■ **Task data**

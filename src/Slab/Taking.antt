-- ===== src/Slab/Taking.antt =====
-- What taking the first free object of a slab does to the slabs of kernel/src/mm/slab.c.
use munk_os.Prelude.{
  ℕ, ◌+◌, ◌%◌, ◌^◌, ◌≡◌, ◌<◌, ap, sym, ◌∙◌, arith, true, false, List, ◌∷◌, mem, length, ◌==◌,
  ==_iff, Bool-cases, inl, inr, update,
}
use mathlib.Core.Path.{subst}
use munk_os.Links.{Links}
use munk_os.Slab.Caches.{SlabCache, Heap, Fill}
use munk_os.Slab.Invariant.{Objs, Slabs, Listed, Uses, AreObjects}

-- The heap when slab `s` has given its first free object, with other pointers and caches.
abbrev pub taken : Heap → ℕ → Links → (ℕ → SlabCache) → Heap
taken h s links caches = record h {
  links = links;
  caches = caches;
  freelist = update h.freelist s (h.word (h.freelist s));
  used_objs = update h.used_objs s ((h.used_objs s + 1) % 2 ^ 16);
}

module _ (h : Heap) (slabs : Slabs) (free : ℕ → List ℕ) (v : AreObjects h slabs free) (c s : ℕ)
    (f : Fill) (in_list : mem s (slabs c f) ≡ true) (a : ℕ) (rest : List ℕ)
    (here : free s ≡ a ∷ rest) where
  listed : Listed slabs s
  listed = (c, f, in_list)

  pub room : h.used_objs s + 1 + length rest ≡ h.slab_objs s
  room = omega (arith, v.count s listed, ap length here)

  pub no_wrap : (h.used_objs s + 1) % 2 ^ 16 ≡ h.used_objs s + 1
  no_wrap = omega (arith, room, v.small s listed)

  pub objs : Objs h.word (h.freelist s) (a ∷ rest)
  objs = subst (Objs h.word (h.freelist s)) here (v.chain s listed)

  -- Of the slabs that are listed afterwards, only `s` may stand elsewhere.
  pub taken-AreObjects :
      (slabs' : Slabs) (links : Links) (caches : ℕ → SlabCache)
      → ((d t : ℕ) (g : Fill)
          → (t == s) ≡ false
          → mem t (slabs' d g) ≡ true
          → mem t (slabs d g) ≡ true)
      → ((d : ℕ) (g : Fill)
          → mem s (slabs' d g) ≡ true
          → (d ≡ c) × Uses g (h.used_objs s + 1) (h.slab_objs s))
      → AreObjects (taken h s links caches) slabs' (update free s rest)
  taken-AreObjects slabs' links caches kept at = record {
    owner = λ d t g i. elim (Bool-cases (t == s)) [
      | inl e ↦
          let q = (==_iff t s).0 e in
          let (p, _) = at d g (ap (λ x. mem x (slabs' d g)) (sym q) ∙ i) in
          ap h.this_cache q ∙ v.owner c s f in_list ∙ sym p
      | inr e ↦ v.owner d t g (kept d t g e i)
    ];
    uses = λ d t g i. elim (Bool-cases (t == s)) [
      | inl e ↦
          let q = (==_iff t s).0 e in
          let (_, u) = at d g (ap (λ x. mem x (slabs' d g)) (sym q) ∙ i) in
          rw (e, no_wrap) (subst (λ x. Uses g (h.used_objs s + 1) (h.slab_objs x)) (sym q) u)
      | inr e ↦ rw e (v.uses d t g (kept d t g e i))
    ];
    chain = λ t (d, g, i). elim (Bool-cases (t == s)) [
      | inl e ↦ rw e (subst (λ x. Objs h.word (h.word x) rest) (sym objs.0) objs.3)
      | inr e ↦ rw e (v.chain t (d, g, kept d t g e i))
    ];
    count = λ t (d, g, i). elim (Bool-cases (t == s)) [
      | inl e ↦ rw (e, no_wrap) (room ∙ ap h.slab_objs (sym ((==_iff t s).0 e)))
      | inr e ↦ rw e (v.count t (d, g, kept d t g e i))
    ];
    small = λ t l. elim (Bool-cases (t == s)) [
      | inl e ↦ subst (λ x. h.slab_objs x < 2 ^ 16) (sym ((==_iff t s).0 e)) (v.small s listed)
      | inr e ↦ v.small t (l.0, l.1, kept l.0 t l.1 e l.2)
    ];
    apart = λ t u l m ne x i. elim (Bool-cases (t == s)) [
      | inl e ↦
          let o : (u == s) ≡ false = ground (arith, e, ne) in
          let j : mem x rest ≡ true = rw e at i in
          rw o (
            v.apart s u listed (m.0, m.1, kept m.0 u m.1 o m.2) (ground (arith, o)) x
              (ap (mem x) here ∙ ground (arith, j)))
      | inr e ↦ elim (Bool-cases (u == s)) [
        | inl o ↦
            let j : mem x (free t) ≡ true = rw e at i in
            let out = v.apart t s (l.0, l.1, kept l.0 t l.1 e l.2) listed e x j in
            rw o (ground (arith, out, ap (mem x) here))
        | inr o ↦
            let j : mem x (free t) ≡ true = rw e at i in
            rw o
              (v.apart t u (l.0, l.1, kept l.0 t l.1 e l.2) (m.0, m.1, kept m.0 u m.1 o m.2) ne x j)
      ]
    ];
  }
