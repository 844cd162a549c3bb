-- ===== src/Slab/Serving.antt =====
-- How `cache_alloc` of kernel/src/mm/slab.c takes an object from a slab.
use munk_os.Prelude.{
  ℕ, ◌+◌, ◌%◌, ◌^◌, ◌≡◌, ◌<◌, refl, ap, sym, ◌∙◌, arith, true, false, ◌&&◌, List, [], ◌∷◌, mem,
  length, ◌==◌, ==_iff, if◌then◌else◌, Bool-cases, inl, inr, update, Outcome, ok,
}
use mathlib.Core.Path.{subst}
use munk_os.FrameAlloc.{inc_size}
use munk_os.Slab.Caches.{SlabCache, Heap, Fill, full, partial, empty, move_slab}
use munk_os.Slab.{take_object, from_partial, from_full}
use munk_os.Slab.Invariant.{same_fill, Objs, Slabs, Listed, AreLinked, AreObjects, IsValid}
use munk_os.Slab.Lists.{
  moved, move_slab-Relinked, mem-moved, mem-moved_same, AreLinked-counter, same-split,
}
use munk_os.Slab.Taking.{taken, room, no_wrap, objs, taken-AreObjects}

-- The lists of slabs once slab `s`, which was first in list `f` in front of `zs`, has given an object:
-- it was full of free objects and is partly used, or it may have given its last one.
abbrev pub served : Heap → Slabs → ℕ → Fill → ℕ → List ℕ → Slabs
served h slabs c full s zs = moved slabs c full partial [] s zs
served h slabs c partial s zs =
    if h.used_objs s + 1 == h.slab_objs s then moved slabs c partial empty [] s zs else slabs
served h slabs c empty s zs = slabs

-- The outcome of an allocation from slab `s`, which is first in list `f` of cache `c`.
pub record Given (h : Heap) (slabs : Slabs) (free : ℕ → List ℕ) (c : ℕ) (f : Fill) (s : ℕ)
    (zs : List ℕ) (r : Outcome (ℕ × Heap)) : Type 0 where
  pub object : ℕ
  pub rest : List ℕ
  pub result : Heap
  pub lists : Slabs
  pub runs : r ≡ ok (object, result)
  pub lists_are : lists ≡ served h slabs c f s zs
  pub owner : h.this_cache s ≡ c
  pub first : free s ≡ object ∷ rest
  pub not_null : 0 < object
  pub valid : IsValid result lists (update free s rest)
  pub listed : Listed lists s
  pub gone : (t : ℕ) → Listed lists t → mem object (update free s rest t) ≡ false
  pub same_buddy : result.buddy ≡ h.buddy
  pub same_words : result.word ≡ h.word

counted : Heap → ℕ → ℕ → SlabCache
counted h s c = record (h.caches c) {
  total_objs_allocated = inc_size (h.caches c).total_objs_allocated 1;
}

abbrev after_take : Heap → ℕ → Heap
after_take h s = taken h s h.links (update h.caches (h.this_cache s) (counted h s (h.this_cache s)))

take_object_lem : (h : Heap) (s : ℕ) → take_object h s ≡ (h.freelist s, after_take h s)
unfolding take_object counted
take_object_lem h s = refl

-- The object that slab `s` has given is in no list of free objects.
taken_gone :
    (h : Heap) (slabs : Slabs) (free : ℕ → List ℕ) (v : AreObjects h slabs free) (c s : ℕ)
    (f : Fill) (i : mem s (slabs c f) ≡ true) (a : ℕ) (rest : List ℕ) (here : free s ≡ a ∷ rest)
    (t : ℕ)
    → Listed slabs t
    → mem a (update free s rest t) ≡ false
taken_gone h slabs free v c s f i a rest here t l = elim (Bool-cases (t == s)) [
  | inl e ↦ rw e (objs h slabs free v c s f i a rest here).2
  | inr e ↦ rw e (v.apart s t (c, f, i) l (ground (arith, e)) a (ap (mem a) here ∙ ground arith))
]

still_runs :
    (h : Heap) (c s : ℕ)
    → (h.freelist s == 0) ≡ false
    → ((h.used_objs s + 1) % 2 ^ 16 == h.slab_objs s) ≡ false
    → from_partial h c s ≡ ok (h.freelist s, after_take h s)
unfolding from_partial take_object counted
still_runs h c s a b = ground (arith, a, b)

last_runs :
    (h h' : Heap) (c s : ℕ)
    → (h.freelist s == 0) ≡ false
    → ((h.used_objs s + 1) % 2 ^ 16 == h.slab_objs s) ≡ true
    → h.word (h.freelist s) ≡ 0
    → move_slab (after_take h s) c partial empty s ≡ ok h'
    → from_partial h c s ≡ ok (h.freelist s, h')
unfolding from_partial take_object counted
last_runs h h' c s a b d e = ground (arith, a, b, d, e)

counter_linked :
    (h : Heap) (s : ℕ) (slabs : Slabs)
    → AreLinked h.links h.caches slabs
    → AreLinked h.links (update h.caches (h.this_cache s) (counted h s (h.this_cache s))) slabs
unfolding counted
counter_linked h s slabs =
    AreLinked-counter h.links h.caches slabs (h.this_cache s)
      (inc_size (h.caches (h.this_cache s)).total_objs_allocated 1)

full_runs :
    (h h1 : Heap) (c s : ℕ)
    → move_slab h c full partial s ≡ ok h1
    → (h1.freelist s == 0) ≡ false
    → from_full h c s ≡ ok (h1.freelist s, after_take h1 s)
unfolding from_full take_object counted
full_runs h h1 c s a b = ground (arith, a, b)

no_objects : (xs : List ℕ) → length xs ≡ 0 → xs ≡ []
no_objects [] e = refl
no_objects (x ∷ xs) e = absurd (omega (arith, e))

-- The first slab of a list of cache `c`, and its first free object.
module _ (h : Heap) (slabs : Slabs) (free : ℕ → List ℕ) (v : IsValid h slabs free) (c s : ℕ)
    (zs : List ℕ) where
  counted_linked :
      AreLinked h.links (update h.caches (h.this_cache s) (counted h s (h.this_cache s))) slabs
  counted_linked = counter_linked h s slabs v.linked

  -- A slab that is listed afterwards was listed before.
  before :
      (slabs' : Slabs)
      → ((d t : ℕ) (g : Fill)
          → (t == s) ≡ false
          → mem t (slabs' d g) ≡ true
          → mem t (slabs d g) ≡ true)
      → (f : Fill) → mem s (slabs c f) ≡ true
      → (t : ℕ) → Listed slabs' t
      → Listed slabs t
  before slabs' kept f i t l = elim (Bool-cases (t == s)) [
    | inl e ↦ (c, f, ap (λ x. mem x (slabs c f)) ((==_iff t s).0 e) ∙ i)
    | inr e ↦ (l.0, l.1, kept l.0 t l.1 e l.2)
  ]

  pub from_partial-Given :
      slabs c partial ≡ s ∷ zs
      → (a : ℕ) (rest : List ℕ) → free s ≡ a ∷ rest
      → Given h slabs free c partial s zs (from_partial h c s)
  from_partial-Given top a rest here =
      let o = v.objects in
      let i : mem s (slabs c partial) ≡ true = ap (mem s) top ∙ ground arith in
      let q = objs h slabs free o c s partial i a rest here in
      let fit = room h slabs free o c s partial i a rest here in
      let exact = no_wrap h slabs free o c s partial i a rest here in
      let some_object : (h.freelist s == 0) ≡ false = ground (arith, q.0, q.1) in
      elim (Bool-cases ((h.used_objs s + 1) % 2 ^ 16 == h.slab_objs s)) [
        | inr e ↦ record {
          object = h.freelist s;
          rest = rest;
          result = after_take h s;
          lists = slabs;
          lists_are = rw (ap (λ k. k == h.slab_objs s) (sym exact) ∙ e) refl;
          runs = still_runs h c s some_object e;
          owner = o.owner c s partial i;
          first = here ∙ ap (λ x. x ∷ rest) (sym q.0);
          not_null = omega (arith, q.0, q.1);
          valid = record {
            linked = counted_linked;
            objects =
                taken-AreObjects h slabs free o c s partial i a rest here slabs h.links _
                  (λ d t g n m. m)
                  (λ d g m. elim (Bool-cases (d == c && same_fill g partial)) [
                    | inl w ↦
                        let (p, r) = same-split c d partial g w in
                        (p, rw r (omega arith, ground (arith, e, exact, o.uses c s partial i)))
                    | inr w ↦ cc (v.linked.apart d c g partial w s m, i)
                  ]);
          };
          listed = (c, partial, i);
          gone =
              subst (λ x. (t : ℕ) → Listed slabs t → mem x (update free s rest t) ≡ false) (sym q.0)
                (taken_gone h slabs free o c s partial i a rest here);
          same_buddy = refl;
          same_words = refl;
        }
        | inl e ↦
            let last : rest ≡ [] = no_objects rest (ground (arith, e, exact, fit)) in
            let null_left : h.word (h.freelist s) ≡ 0 =
              ap h.word q.0 ∙ subst (Objs h.word (h.word a)) last q.3 in
            let m =
              move_slab-Relinked (after_take h s) counted_linked c partial empty refl [] s zs top in
            let to_empty = moved slabs c partial empty [] s zs in
            let at : (d : ℕ) (g : Fill) → mem s (to_empty d g) ≡ true → (d ≡ c) × (g ≡ empty) =
              mem-moved_same (after_take h s) counted_linked c partial empty refl [] s zs top in
            let kept = mem-moved (after_take h s) counted_linked c partial empty refl [] s zs top in
            record {
              object = h.freelist s;
              rest = rest;
              result = taken h s m.links m.caches;
              lists = to_empty;
              lists_are = rw (ap (λ k. k == h.slab_objs s) (sym exact) ∙ e) refl;
              runs = last_runs h (taken h s m.links m.caches) c s some_object e null_left m.runs;
              owner = o.owner c s partial i;
              first = here ∙ ap (λ x. x ∷ rest) (sym q.0);
              not_null = omega (arith, q.0, q.1);
              valid = record {
                linked = m.linked;
                objects =
                    taken-AreObjects h slabs free o c s partial i a rest here to_empty m.links
                      m.caches (λ d t g n j. sym (kept d g t n) ∙ j)
                      (λ d g j.
                        let (p, r) = at d g j in
                        (p, rw r (ground (arith, e, exact, o.uses c s partial i))));
              };
              listed = (c, empty, ground arith);
              gone = λ t l.
                  ap (λ x. mem x (update free s rest t)) q.0
                  ∙ taken_gone h slabs free o c s partial i a rest here t
                      (before to_empty (λ d t g n j. sym (kept d g t n) ∙ j) partial i t l);
              same_buddy = refl;
              same_words = refl;
            }
      ]

  pub from_full-Given :
      slabs c full ≡ s ∷ zs
      → (a : ℕ) (rest : List ℕ) → free s ≡ a ∷ rest
      → Given h slabs free c full s zs (from_full h c s)
  from_full-Given top a rest here =
      let o = v.objects in
      let i : mem s (slabs c full) ≡ true = ap (mem s) top ∙ ground arith in
      let q = objs h slabs free o c s full i a rest here in
      let exact = no_wrap h slabs free o c s full i a rest here in
      let some_object : (h.freelist s == 0) ≡ false = ground (arith, q.0, q.1) in
      let m = move_slab-Relinked h v.linked c full partial refl [] s zs top in
      let to_partial = moved slabs c full partial [] s zs in
      let at : (d : ℕ) (g : Fill) → mem s (to_partial d g) ≡ true → (d ≡ c) × (g ≡ partial) =
        mem-moved_same h v.linked c full partial refl [] s zs top in
      let kept = mem-moved h v.linked c full partial refl [] s zs top in
      let h1 = record h { links = m.links; caches = m.caches } in
      record {
        object = h.freelist s;
        rest = rest;
        result = after_take h1 s;
        lists = to_partial;
        lists_are = refl;
        runs = full_runs h h1 c s m.runs some_object;
        owner = o.owner c s full i;
        first = here ∙ ap (λ x. x ∷ rest) (sym q.0);
        not_null = omega (arith, q.0, q.1);
        valid = record {
          linked = counter_linked h1 s to_partial m.linked;
          objects =
              taken-AreObjects h slabs free o c s full i a rest here to_partial m.links _
                (λ d t g n j. sym (kept d g t n) ∙ j)
                (λ d g j.
                  let (p, r) = at d g j in
                  (p, rw r (let u = o.uses c s full i in (omega arith, omega (arith, u)))));
        };
        listed = (c, partial, ground arith);
        gone = λ t l.
            ap (λ x. mem x (update free s rest t)) q.0
            ∙ taken_gone h slabs free o c s full i a rest here t
                (before to_partial (λ d t g n j. sym (kept d g t n) ∙ j) full i t l);
        same_buddy = refl;
        same_words = refl;
      }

■ **Required action**
Looking at the entries above, work out how many lines contain the word "split", then reply with only that figure.

■ **Written response**
2